• _What to do_:
Nothing but the lines from the start of the entries through the line containing "mark n ns = some (n ∷ ns)" should appear in the answer, each given exactly.
Start of Records for the task
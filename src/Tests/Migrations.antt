-- ===== src/Tests/Migrations.antt =====
-- The theorems on migrations, applied.
use tinder_like_back.Base.{◌≡◌, refl, Bool, true, false, Option, some, List, [], ◌∷◌}
use tinder_like_back.Models.{Text}
use tinder_like_back.Text.{byte_len, utf8_len}
use tinder_like_back.Migrations.{
  Entry, MigrationCall, Schema, is_migration, text_le, insert_name, sort_names, migration_names,
  apply_one, apply_all, apply_migrations,
}
use tinder_like_back.Migrations.Ordered.{Migrated, apply_migrations-Migrated}
use tinder_like_back.Migrations.Again.{apply_migrations-again}

-- "2.sql", "1.sql" and "embed.go"
abbrev pub folder : List Entry
folder =
    record { name = 50 ∷ 46 ∷ 115 ∷ 113 ∷ 108 ∷ []; is_dir = false }
    ∷ record { name = 49 ∷ 46 ∷ 115 ∷ 113 ∷ 108 ∷ []; is_dir = false }
    ∷ record { name = 101 ∷ 109 ∷ 98 ∷ 101 ∷ 100 ∷ 46 ∷ 103 ∷ 111 ∷ []; is_dir = false }
    ∷ []

abbrev pub steady : MigrationCall → Bool
steady c = false

-- The SQL of a file leaves its name.
abbrev pub mark : Text → List Text → Option (List Text)
mark n ns = some (n ∷ ns)

abbrev pub fresh : Schema (List Text)
fresh = record { applied = []; tables = [] }

abbrev pub migrated : Schema (List Text)
migrated = record {
  applied = (50 ∷ 46 ∷ 115 ∷ 113 ∷ 108 ∷ []) ∷ (49 ∷ 46 ∷ 115 ∷ 113 ∷ 108 ∷ []) ∷ [];
  tables = (50 ∷ 46 ∷ 115 ∷ 113 ∷ 108 ∷ []) ∷ (49 ∷ 46 ∷ 115 ∷ 113 ∷ 108 ∷ []) ∷ [];
}

apply_migrations-Migrated_example :
    Migrated steady mark folder fresh (apply_migrations steady mark folder fresh)
unfolding migration_names is_migration byte_len utf8_len sort_names insert_name text_le
apply_migrations-Migrated_example =
    apply_migrations-Migrated steady mark folder fresh (refl, (refl, tt))

apply_migrations-again_example : apply_migrations steady mark folder migrated ≡ (true, migrated)
unfolding migration_names is_migration byte_len utf8_len sort_names insert_name text_le apply_all
    apply_one apply_migrations
apply_migrations-again_example =
    apply_migrations-again steady mark mark folder fresh migrated (refl, (refl, tt)) refl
End of Records for the task
• _Worked solution_:
filename src/Tests/Migrations.antt
-- ===== src/Tests/Migrations.antt =====
-- The theorems on migrations, applied.
use tinder_like_back.Base.{◌≡◌, refl, Bool, true, false, Option, some, List, [], ◌∷◌}
use tinder_like_back.Models.{Text}
use tinder_like_back.Text.{byte_len, utf8_len}
use tinder_like_back.Migrations.{
  Entry, MigrationCall, Schema, is_migration, text_le, insert_name, sort_names, migration_names,
  apply_one, apply_all, apply_migrations,
}
use tinder_like_back.Migrations.Ordered.{Migrated, apply_migrations-Migrated}
use tinder_like_back.Migrations.Again.{apply_migrations-again}

-- "2.sql", "1.sql" and "embed.go"
abbrev pub folder : List Entry
folder =
    record { name = 50 ∷ 46 ∷ 115 ∷ 113 ∷ 108 ∷ []; is_dir = false }
    ∷ record { name = 49 ∷ 46 ∷ 115 ∷ 113 ∷ 108 ∷ []; is_dir = false }
    ∷ record { name = 101 ∷ 109 ∷ 98 ∷ 101 ∷ 100 ∷ 46 ∷ 103 ∷ 111 ∷ []; is_dir = false }
    ∷ []

abbrev pub steady : MigrationCall → Bool
steady c = false

-- The SQL of a file leaves its name.
abbrev pub mark : Text → List Text → Option (List Text)
mark n ns = some (n ∷ ns)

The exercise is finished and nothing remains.